02 Fev 2018 | domtotal.com

'Meu delírio é a experiência com coisas reais'

Independente do que fez o PT, ou deixou de fazer, o que está acontecendo é demolidor para a democracia.

É como se dissessem, agora é guerra. Deixamos a seara da política e adentramos a da força.
É como se dissessem, agora é guerra. Deixamos a seara da política e adentramos a da força. (Agência Brasil)

Por Marcel Farah

Muito se fala das ilicitudes descaradas da condenação em primeira e segunda instância de Lula, e do outro lado da torcida da legalidade e legitimidade da condenação, afirmando ser uma ilusão, um absurdo acreditar que exista uma “conspiração” contra o ex-presidente.

Por vezes as duas posições são extremamente passionais, refletindo o fla-flu político que vivemos. Por vezes tenta-se dar um ar mais sóbrio às críticas buscando credibilidade.

Algumas avaliações extrapolam o caso em si adentrando em uma avaliação política dos governos petistas e do próprio PT, por ocasião do julgamento de Lula.

Muitos colocam a culpa do que está acontecendo no colo do PT.

É o caso de quem não deixa de lembrar que a composição do atual STF foi quase toda nomeada por governos petistas, que o PT não enfrentou o monopólio da mídia, que em seus governos não se mexeu nas estruturas autocráticas do Judiciário, e por ai vai. No caso da esquerda não petista.

É o caso também dos que defendem ser a esquerda parcial, buscando acusar os outros e proteger os seus, já que o julgamento e a condenação tiveram sua lisura reafirmada pelo “elogioso” trabalho do TRF4. No caso da grande mídia e dos coxinhas.

Independente do que fez o PT, ou deixou de fazer, o que está acontecendo é demolidor para a democracia. Afinal criam-se precedentes contra todo acúmulo civilizatório do direito moderno para condenar uma pessoa a qualquer custo.

Há conspiração? Não sei. Mas há nítido desrespeito à presunção de inocência, cerceamento ao direito de defesa, abuso de poder, inadequação típica (as ações de Lula não se encaixam em nenhum crime previsto em lei), constantes posicionamentos públicos contrários ao réu, além da falta de provas cabais. Sem provas que não deixem dúvidas, não se condena. Isso é uma conquista da civilização, não é do Lula.

Este julgamento é a cereja do bolo do golpe, pois permite a legitimação de todo o processo de impedimento de Dilma, visto que pouco importa a lei frente a vontade política dos operadores jurídicos.

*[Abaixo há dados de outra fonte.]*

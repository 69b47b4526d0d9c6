-- ===== src/Version/Exclusion.antt =====
-- What every step of the threads on a version word keeps, and mutual exclusion.
use yakushima.Common.{ℕ, ◌+◌, ◌%◌, ◌≡◌, refl, true, false, update, arith}
use yakushima.Version.{VersionBody, released, counter_mod}
use yakushima.Version.Layout.{IsBody}
use yakushima.Version.Protocol.{
  Pc, trying, inserting, Move, see_free, lock_win, update_win, unlock_win, root_win, inserts_ended,
  splits_ended, System, Step, pick, Steps, here, next, start, critical,
}

-- What the local `expected` of a thread says: `lock` tries only on a word that was free.
abbrev pub IsFree : Pc → Type 0
IsFree (trying e) = e.locked ≡ false
IsFree _ = Unit

-- `v` is the word at the start.
pub record Inv (v : VersionBody) (s : System) : Type 0 where
  pub alone : (i j : ℕ) → critical (s.pc i) ≡ true → critical (s.pc j) ≡ true → i ≡ j
  pub held : (i : ℕ) → critical (s.pc i) ≡ true → s.body.locked ≡ true
  pub free : (i : ℕ) → IsFree (s.pc i)
  pub inserts : s.body.vinsert_delete ≡ (v.vinsert_delete + s.inserts) % counter_mod
  pub splits : s.body.vsplit ≡ (v.vsplit + s.splits) % counter_mod

module _ {v : VersionBody} {s : System} (inv : Inv v s) (i : ℕ) where
  open inv use {alone, held, free, inserts, splits}

  Move-alone :
      {p p' : Pc} {m' : VersionBody}
      → Move s.body p m' p'
      → s.pc i ≡ p
      → (a b : ℕ) → critical (update s.pc i p' a) ≡ true
      → critical (update s.pc i p' b) ≡ true
      → a ≡ b
  Move-alone (lock_win g) e a b x y = ground (arith, held a, held b, free i)
  Move-alone mv e a b x y = ground (arith, alone a b, alone i a, alone i b)

  Move-held :
      {p p' : Pc} {m' : VersionBody}
      → Move s.body p m' p'
      → s.pc i ≡ p
      → (a : ℕ) → critical (update s.pc i p' a) ≡ true
      → m'.locked ≡ true
  unfolding released
  Move-held (unlock_win g) e a x = ground (arith, alone i a)
  Move-held (update_win {op = inserting} g) e a x = ground (arith, held i)
  Move-held (update_win g) e a x = ground (arith, held i)
  Move-held (root_win g) e a x = ground (arith, held a)
  Move-held mv e a x = ground (arith, held a, held i)

  Move-IsFree :
      {p p' : Pc} {m' : VersionBody}
      → Move s.body p m' p'
      → s.pc i ≡ p
      → (a : ℕ) → IsFree (update s.pc i p' a)
  Move-IsFree (see_free g) e a = ground (arith, free a)
  Move-IsFree mv e a = ground (arith, free a)

  Move-counts :
      {p p' : Pc} {m' : VersionBody}
      → (mv : Move s.body p m' p')
      → (m'.vinsert_delete ≡ (v.vinsert_delete + (s.inserts + inserts_ended mv)) % counter_mod)
        × (m'.vsplit ≡ (v.vsplit + (s.splits + splits_ended mv)) % counter_mod)
  unfolding released
  Move-counts (unlock_win g) = ground arith
  Move-counts (update_win {op = inserting} g) = ground arith
  Move-counts (update_win g) = ground arith
  Move-counts (lock_win g) = ground arith
  Move-counts (root_win g) = ground arith
  Move-counts mv = ground arith

-- Every step keeps the invariant.
Step-Inv : {n : ℕ} {v : VersionBody} {s t : System} → Inv v s → Step n s t → Inv v t
Step-Inv inv (pick i lt mv) = record {
  alone = Move-alone inv i mv refl;
  held = Move-held inv i mv refl;
  free = Move-IsFree inv i mv refl;
  inserts = (Move-counts inv i mv).0;
  splits = (Move-counts inv i mv).1;
}

start-Inv : {v : VersionBody} → IsBody v → Inv v (start v)
start-Inv h = record {
  alone = λ i j p q. absurd (ground arith);
  held = λ i p. absurd (ground arith);
  free = λ i. tt;
  inserts = omega (arith, h.vinsert_delete);
  splits = omega (arith, h.vsplit);
}

pub Steps-Inv : {n : ℕ} {v : VersionBody} {s t : System} → Inv v s → Steps n s t → Inv v t
Steps-Inv inv here = inv
Steps-Inv inv (next r st) = Step-Inv (Steps-Inv inv r) st

pub reached-Inv : {n : ℕ} {v : VersionBody} {s : System} → IsBody v → Steps n (start v) s → Inv v s
reached-Inv h r = Steps-Inv (start-Inv h) r

-- Two threads are never between `lock` and `unlock` together, and while one is the word is locked,
-- in every state that any number of threads reaches from a word that is not locked.
pub mutual_exclusion :
    {n : ℕ} {v : VersionBody} {s : System}
    → IsBody v
    → Steps n (start v) s
    → (i j : ℕ) → critical (s.pc i) ≡ true
    → critical (s.pc j) ≡ true
    → (i ≡ j) × (s.body.locked ≡ true)
mutual_exclusion h r i j p q = let inv = reached-Inv h r in (inv.alone i j p q, inv.held i p)
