-- ===== src/Version/Optimistic.antt =====
-- The optimistic reads of the tree: a reader takes a stable version, reads the node, and takes a
-- stable version again. If they compare equal, no section that was marked as inserting or
-- splitting was under way or came to its end in between.
use yakushima.Common.{ℕ, ◌+◌, ◌≤◌, ◌<◌, ◌≡◌, true, false, arith, ap}
use yakushima.Version.{VersionBody, counter_mod, stable}
use yakushima.Version.Layout.{IsBody}
use yakushima.Version.Protocol.{System, pick, Steps, here, next, start, critical}
use yakushima.Version.Exclusion.{Inv, Steps-Inv, reached-Inv}

-- Sections end, and never come back.
Steps-mono : {n : ℕ} {s t : System} → Steps n s t → (s.inserts ≤ t.inserts) × (s.splits ≤ t.splits)
Steps-mono here = omega arith
Steps-mono (next r (pick i lt mv)) = omega (arith, Steps-mono r)

-- A stable word has no lock holder.
stable-quiet :
    {v : VersionBody} {s : System}
    → Inv v s
    → stable s.body ≡ true
    → (i : ℕ) → critical (s.pc i) ≡ false
stable-quiet inv h i = ground (arith, inv.held i)

-- Between two states with equal stable versions no marked section was completed, unless a counter
-- went round (`2 ^ 29` sections of one kind), and in neither state does a thread hold the lock.
pub optimistic_read :
    {n : ℕ} {v : VersionBody} {s t : System}
    → IsBody v
    → Steps n (start v) s
    → Steps n s t
    → stable s.body ≡ true
    → s.body ≡ t.body
    → t.inserts < s.inserts + counter_mod
    → t.splits < s.splits + counter_mod
    → (t.inserts ≡ s.inserts)
      × (t.splits ≡ s.splits)
      × ((i : ℕ) → critical (s.pc i) ≡ false)
      × ((i : ℕ) → critical (t.pc i) ≡ false)
optimistic_read {s} {t} h r later quiet same few_inserts few_splits =
    let before = reached-Inv h r in
    let after = Steps-Inv before later in
    let inserts_same : s.body.vinsert_delete ≡ t.body.vinsert_delete =
      ap (λ (b : VersionBody). b.vinsert_delete) same in
    let splits_same : s.body.vsplit ≡ t.body.vsplit = ap (λ (b : VersionBody). b.vsplit) same in
    let mono = Steps-mono later in
    (
      omega (arith, before.inserts, after.inserts, mono, inserts_same),
      omega (arith, before.splits, after.splits, mono, splits_same),
      stable-quiet before quiet,
      stable-quiet after (rw (← same) quiet),
    )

Um judiciário parcial, que desrespeita as leis e que legitima um golpe de estado é uma ameaça ao regime político, às regras do jogo. Portanto, passamos da fase de disputa ideológica para, digamos, a de disputa concreta de poder.

Até conservadores e reacionários – porém honestos intelectualmente – como Reinaldo de Azevedo, entendem que se formou um juízo de exceção para julgar Lula. O articulista denuncia cotidianamente que o triplex não é e nunca foi do petista, e que os juízes (os quatro: três do TRF4 e Murow) são parciais e tem se contorcido para fundamentar juridicamente seu julgamento político.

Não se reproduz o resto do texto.